From what I always read H/K usually under rates the power they put out. I like the H/K and seems to have enough power to run my speakers. I picked up a 247 for under $200 delivered and it has pre-outs.


----------



## greg_mitch (Dec 19, 2008)

tooskinny said:


> From what I always read H/K usually under rates the power they put out. I like the H/K and seems to have enough power to run my speakers. I picked up a 247 for under $200 delivered and it has pre-outs.


Did you get that from ebay then?


----------



## djdube525 (Feb 25, 2008)

soundofrockets said:


> have you thought about the DTC Integra 9.9 or whatever their newer model is ???

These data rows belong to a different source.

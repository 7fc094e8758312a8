-- ===== src/Catalog.antt =====
-- catalog.py: the models of a channel that it serves although an account's quota reads zero.
-- A setting is `none` where the database has no value for it, or no table to read. The text that `str` makes of a list or a dict is an argument. Its keys being distinct, `pop` leaves out every entry of the key.
mod Entries
pub mod Marked
mod Tests
use Prim.Native.Char.{code}
use Prim.Native.String.{[] as empty, ◌∷◌ as ◌◁◌, ◌++◌ as ◌+++◌}
use buddy2api.Prelude.{
  Bool, true, false, not, ◌&&◌, ◌||◌, ◌==◌, Option, none, some, List, [], ◌∷◌, ◌++◌, String, str_eq,
  if◌then◌else◌,
}
use buddy2api.Prelude.Texts.{strip, is_empty, str_in}
use buddy2api.Prelude.Member.{keep}
use buddy2api.Prelude.Sort.{sort_on}
use buddy2api.Prelude.TextOrder.{text_order}
use buddy2api.History.{
  Json, null, plain, str, arr, obj, Items, no_items, item, Fields, no_fields, field, get, is_truthy,
}
use buddy2api.ToolHistory.{put}
use buddy2api.Providers.{is_channel_enabled}

-- `_load_map`
abbrev pub load_map : Option Json → Fields
load_map (some (obj d)) = d
load_map _ = no_fields

-- `mid[len(prefix):]` where `mid.startswith(prefix)`
abbrev pub text_after : String → String → Option String
text_after empty s = some s
text_after (c ◁ prefix) empty = none
text_after (c ◁ prefix) (d ◁ s) = if code c == code d then text_after prefix s else none

abbrev pub strip_rest : Option String → String → String
strip_rest none mid = mid
strip_rest (some rest) mid = strip rest

-- `_normalize_model_id`
unfoldable pub normalize_model_id : String → String → String
normalize_model_id channel model_id =
    strip_rest (text_after (channel +++ "/") (strip model_id)) (strip model_id)

abbrev pub all_but : String → List String → List String
all_but mid = keep (λ id. not (str_eq id mid))

-- `mapping.pop(channel, None)`
abbrev pub pop_channel : String → Fields → Fields
pop_channel key no_fields = no_fields
pop_channel key (field k j d) =
    if str_eq k key then pop_channel key d else field k j (pop_channel key d)

abbrev pub id_items : List String → Items
id_items [] = no_items
id_items (id ∷ ids) = item (str id) (id_items ids)

-- The mapping with the list of one channel replaced, or its entry removed where nothing is left.
abbrev pub with_list : String → List String → Fields → Fields
with_list channel [] mapping = pop_channel channel mapping
with_list channel (id ∷ ids) mapping =
    put channel (arr (id_items (sort_on text_order (λ s. s) (id ∷ ids)))) mapping

-- What `set_exempt` leaves: a CatalogError, or the channel, the model and the value of the setting.
pub data Marking : Type 0 where
  catalog_error : String → Marking
  marked : String → String → Fields → Marking

module _ (dump : Json → String) where
  -- `str(item or "").strip()`
  abbrev pub text_of : Json → String
  text_of (str s) = s
  text_of (plain s) = s
  text_of j = dump j

  abbrev pub item_text : Json → String
  item_text j = if is_truthy (some j) then strip (text_of j) else ""

  unfoldable pub item_texts : Items → List String
  unfolding strip
  item_texts no_items = []
  item_texts (item j items) =
      if is_empty (item_text j) then item_texts items else item_text j ∷ item_texts items

  abbrev pub listed_ids : Option Json → List String
  listed_ids (some (arr items)) = item_texts items
  listed_ids _ = []

  -- `exempt_models`
  unfoldable pub exempt_models : String → Option Json → List String
  unfolding item_texts
  exempt_models channel setting = listed_ids (get channel (load_map setting))

  -- `is_exempt`
  unfoldable pub is_exempt : String → String → Option Json → Bool
  unfolding normalize_model_id exempt_models
  is_exempt channel model_id setting =
      let target = normalize_model_id channel model_id in
      not (is_empty target) && str_in target (exempt_models channel setting)

  abbrev pub new_marks : String → String → Bool → Option Json → List String
  new_marks channel mid exempt setting =
      all_but mid (exempt_models channel setting) ++ (if exempt then mid ∷ [] else [])

  -- `set_exempt`, with the list of the channels that are switched on.
  unfoldable pub set_exempt : List String → String → String → Bool → Option Json → Marking
  unfolding normalize_model_id exempt_models
  set_exempt enabled channel model_id exempt setting =
      let name = strip channel in
      let mid = normalize_model_id name model_id in
      if is_empty name || not (is_channel_enabled enabled name)
      then catalog_error "unknown or disabled channel"
      else if is_empty mid
      then catalog_error "model id is required"
      else marked name mid (with_list name (new_marks name mid exempt setting) (load_map setting))

-- What the setting holds after it.
abbrev pub setting_after : Marking → Option Json → Option Json
setting_after (catalog_error e) setting = setting
setting_after (marked channel mid mapping) setting = some (obj mapping)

Isn't that on the order of 3x his price limit?


----------



## djdube525 (Feb 25, 2008)

You mention pre-outs... planning on using an external amp?

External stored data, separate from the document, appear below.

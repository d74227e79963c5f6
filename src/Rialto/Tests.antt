-- ===== src/Rialto/Tests.antt =====
-- Runs of the checks at concrete data.
mod Guard
mod Boundary
mod Execution
mod Registry
mod Settlement
mod Opaque
mod Preflight
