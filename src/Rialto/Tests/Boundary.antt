-- ===== src/Rialto/Tests/Boundary.antt =====
-- The status of an observation with a receipt that proves nothing.
use bps_protocol.Prelude.{true, false, some}
use bps_protocol.Integer.{pos}
use bps_protocol.Rialto.Boundary.{BoundaryObservation, classify_boundary}
use bps_protocol.Rialto.Boundary.Classified.{IsTruthful, classify_boundary-IsTruthful}
use bps_protocol.Pod.Samples.{hash_a}

abbrev observation : BoundaryObservation
observation = record {
  quote_observed = true;
  structural_validation_passed = true;
  price_guard_passed = true;
  local_fork_settlement_passed = false;
  mainnet_receipt = some (record {
    tx_hash = hash_a;
    block_number = pos 9;
    block_hash = hash_a;
    acquisition_id = pos 0;
    stock_received_raw = pos 5;
  });
}

classify_boundary-IsTruthful_example :
    IsTruthful (classify_boundary observation).status observation.mainnet_receipt observation
classify_boundary-IsTruthful_example = classify_boundary-IsTruthful observation
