-- ===== src/Rialto/Tests/Execution.antt =====
-- A quote's call with a package that knows one encoding.
use bps_protocol.Prelude.{
  ◌≡◌, refl, true, none, some, List, [], ◌∷◌, is_ok, result_of, result_of_eq, if◌then◌else◌,
}
use bps_protocol.Integer.{pos}
use bps_protocol.Text.{codes, text_eq, to_lower_case}
use bps_protocol.Dict.{has}
use bps_protocol.Rialto.QuoteExecution.{
  AbiValue, text_value, number_value, AbiPackage, RialtoQuoteResult, ApprovedSelector,
  QuoteExecutionPolicy, QuoteExecutionContext, default_forbidden_selectors, router_of, first_units,
  rest_units, forbidden_of, find_selector, decoded_or, arg_at, bind_text, bind_amount, check_expiry,
  validate_quote_execution,
}
use bps_protocol.Rialto.QuoteExecution.Bound.{IsExecutable, validate_quote_execution-IsExecutable}

-- The parameters are the arguments; their encoding is 0xbeef.
abbrev sample_abi : AbiPackage
sample_abi = record {
  Params = List (AbiValue (Unit {0}));
  Other = Unit {0};
  decode = λ params call. if text_eq call (codes "0xbeef") then some params else none;
  encode = λ params decoded. codes "0xbeef";
}

abbrev quote : RialtoQuoteResult
quote = record {
  target = codes "0xROUTER";
  call_data = codes "0x12345678beef";
  quote_expiry = some 2000;
}

abbrev context : QuoteExecutionContext
context = record {
  chain_id = 4663;
  resolved_router = some (codes "0xrouter");
  expected_buy_token = codes "0xstock";
  expected_sell_amount_raw = pos 500;
  expected_recipient = codes "0xadapter";
  now_sec = 1500;
}

abbrev approved : ApprovedSelector (List (AbiValue (Unit {0})))
approved = record {
  selector = codes "0x12345678";
  signature = codes "swap(address,uint256,address)";
  params =
      text_value (codes "0xSTOCK") ∷ number_value (pos 500) ∷ text_value (codes "0xAdapter") ∷ [];
  token_arg_index = some 0;
  amount_arg_index = some 1;
  recipient_arg_index = some 2;
}

abbrev policy : QuoteExecutionPolicy (List (AbiValue (Unit {0})))
policy = record { approved_selectors = approved ∷ []; forbidden_selectors = none }

executes : is_ok (validate_quote_execution sample_abi quote context policy) ≡ true
unfolding validate_quote_execution router_of first_units rest_units forbidden_of
    default_forbidden_selectors find_selector decoded_or arg_at bind_text bind_amount check_expiry
    text_eq to_lower_case has
executes = refl

validate_quote_execution-IsExecutable_example :
    IsExecutable sample_abi quote context policy
      (result_of (validate_quote_execution sample_abi quote context policy) executes)
validate_quote_execution-IsExecutable_example =
    validate_quote_execution-IsExecutable sample_abi quote context policy
      (result_of_eq (validate_quote_execution sample_abi quote context policy) executes)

You may want to check out accessories4less - they are an authorized reseller of Marantz and Onkyo refurbished products. That would be one way to get more bang for the buck...

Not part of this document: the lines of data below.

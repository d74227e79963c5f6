-- ===== src/Rialto/Tests/Guard.antt =====
-- The price guard at one acquisition: 2 WETH at 2000 dollars for a token at 100 dollars.
use bps_protocol.Prelude.{
  ℕ, suc, ◌-◌, ◌*◌, ◌≤◌, ◌<◌, ◌≡◌, refl, true, false, some, is_ok, result_of, result_of_eq, ◌^◌,
  arith,
}
use bps_protocol.Integer.{pos}
use bps_protocol.Text.{codes, text_eq, to_lower_case}
use bps_protocol.Rialto.PriceGuard.{
  integer, per_token_chainlink, UsdPriceObservation, StockTokenState, SequencerObservation,
  PriceRiskPolicy, AcquisitionPriceInput, check_observation, check_feed, check_round,
  check_sequencer, check_token, check_amounts, per_token, pow10, expected_output,
  min_allowed_output, validate_under, validate_acquisition_price,
}
use bps_protocol.Rialto.PriceGuard.Bounds.{
  IsGuarded, validate_acquisition_price-IsGuarded, min_allowed_output-band,
}

abbrev weth_feed : UsdPriceObservation
weth_feed = record {
  semantics = per_token_chainlink;
  feed_identity = codes "feed-weth";
  asset = codes "0xWETH";
  answer = pos 200000000000;
  decimals = integer (pos 8);
  round_id = pos 5;
  updated_at_sec = pos 990;
  round_complete = true;
  observed_at_block = pos 77;
}

abbrev stock_feed : UsdPriceObservation
stock_feed = record {
  semantics = per_token_chainlink;
  feed_identity = codes "feed-stock";
  asset = codes "0xstock";
  answer = pos 10000000000;
  decimals = integer (pos 8);
  round_id = pos 9;
  updated_at_sec = pos 995;
  round_complete = true;
  observed_at_block = pos 78;
}

abbrev live_token : StockTokenState
live_token = record {
  multiplier_e18 = pos (10 ^ 18);
  transition_pending = false;
  oracle_paused = false;
}

abbrev sequencer : SequencerObservation
sequencer = record {
  feed_identity = codes "0xSEQ";
  answer = pos 0;
  started_at_sec = pos 100;
  updated_at_sec = pos 100;
}

abbrev policy : PriceRiskPolicy
policy = record {
  max_staleness_sec = pos 60;
  max_deviation_bps = pos 100;
  max_tx_input_raw = pos (5 * 10 ^ 18);
  sequencer_feed_identity = codes "0xseq";
  sequencer_grace_sec = pos 300;
  input_feed_identity = codes "feed-weth";
  output_feed_identity = codes "feed-stock";
  output_semantics = per_token_chainlink;
  allow_raw_underlying_for_evidence = false;
}

abbrev io : AcquisitionPriceInput
io = record {
  sell_token = codes "0xweth";
  sell_amount_raw = pos (2 * 10 ^ 18);
  sell_decimals = integer (pos 18);
  buy_token = codes "0xSTOCK";
  min_buy_amount_raw = pos (39800 * 10 ^ 15);
  buy_decimals = integer (pos 18);
  now_sec = pos 1000;
}

validates :
    is_ok (
      validate_acquisition_price io
        (some weth_feed)
        (some stock_feed)
        (some live_token)
        (some sequencer)
        (some policy))
    ≡ true
unfolding check_observation check_feed check_round check_sequencer check_token check_amounts
    per_token pow10 expected_output min_allowed_output validate_under validate_acquisition_price
    text_eq to_lower_case
validates = refl

validate_acquisition_price-IsGuarded_example :
    (in_feed : UsdPriceObservation) × (out_feed : UsdPriceObservation) × (state : StockTokenState)
    × (seq : SequencerObservation) × (approved : PriceRiskPolicy) × (some weth_feed ≡ some in_feed)
    × (some stock_feed ≡ some out_feed)
    × (some live_token ≡ some state)
    × (some sequencer ≡ some seq)
    × (some policy ≡ some approved)
    × IsGuarded io in_feed out_feed state seq approved (
        result_of
          (validate_acquisition_price io
            (some weth_feed)
            (some stock_feed)
            (some live_token)
            (some sequencer)
            (some policy))
          validates)
validate_acquisition_price-IsGuarded_example =
    validate_acquisition_price-IsGuarded io (some weth_feed) (some stock_feed) (some live_token)
      (some sequencer) (some policy)
      (result_of_eq
        (validate_acquisition_price io (some weth_feed) (some stock_feed) (some live_token)
          (some sequencer) (some policy))
        validates)

min_allowed_output-band_example :
    (least : ℕ) × (min_allowed_output (pos 40001) policy ≡ pos least)
    × (least * 10000 ≤ 40001 * (10000 - 100))
    × (40001 * (10000 - 100) < suc least * 10000)
    × (least ≤ 40001)
min_allowed_output-band_example = min_allowed_output-band 40001 100 policy refl (omega arith)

They have a Marantz SR5003 and an Onkyo 806 refurbs in your price range... among several others just outside (the Marantz SR6003 refurb is $100 outside your price range)... again... wasn't sure (maybe you mentioned and I missed it) if you planned on an external amp, or if you wanted an all in one for now.

Just a thought...

Dave


----------



## imported_Cheeseboy (Feb 16, 2009)

djdube525 said:


> You mention pre-outs... planning on using an external amp?
> 
> You may want to check out accessories4less - they are an authorized reseller of Marantz and Onkyo refurbished products. That would be one way to get more bang for the buck...
> 
> ...


Dave,

It is my intention to limp along using the built in amps for about 3 months then have enough saved for an out board amp. Emotiva being the amp of choice at this time. My biggest concern is that I'm going to have to make a sacrefice in the quality of my 2 channel listening in order to move to HT. I can upgrade to an out board amp and that should be diminished. Those furbalinos from Marantz and Onkyo are very strong products.


----------



## tooskinny (Jan 28, 2011)

greg_mitch said:


> Did you get that from ebay then?


Yep from Harmon Audio.


----------



## imported_Cheeseboy (Feb 16, 2009)

tooskinny said:


> Yep from Harmon Audio.


What speakers are you running with the Harmon 245?


----------



## tooskinny (Jan 28, 2011)

Cheeseboy said:


> What speakers are you running with the Harmon 245?


Right now X-omni, X-cs center, mirage rears and ED sub.

I have a 240 running Deftech BP10's and MFW (well until the amp blew)


----------



## crazyeddie (Jan 17, 2009)

Onkyo 706 also has preamp out's for $499. at accessories4less (refurb). Although I'm sure the Marantz has more realistic power ratings to drive your speakers till you get your amp (amps). If it's only a couple of months till you plan to add the amp(s) the Onk should be just fine !! The end result is just going to be your control center anyway. :scratchchin:


----------



## sooperkool (Jun 9, 2009)

I hate for this to be one of my first posts, but I have a basically new in box Onkyo TX-Sr706 that I will let go for 400 bucks. I bought it from NewEgg and used it for a week but then realized I wanted the 806 but I can't return it so I'm stuck with it.


----------



## crazyeddie (Jan 17, 2009)

Sooperkool, You've got PM.


----------



## imported_Cheeseboy (Feb 16, 2009)

sooperkool said:


> I hate for this to be one of my first posts, but I have a basically new in box Onkyo TX-Sr706 that I will let go for 400 bucks. I bought it from NewEgg and used it for a week but then realized I wanted the 806 but I can't return it so I'm stuck with it.


What was the reason for the upgrade to the 806?


----------



## sooperkool (Jun 9, 2009)

I wanted a bit more power, aesthetics, the extra HDMI for future-proofing and better Audyssey. The 706 is still available BTW.


----------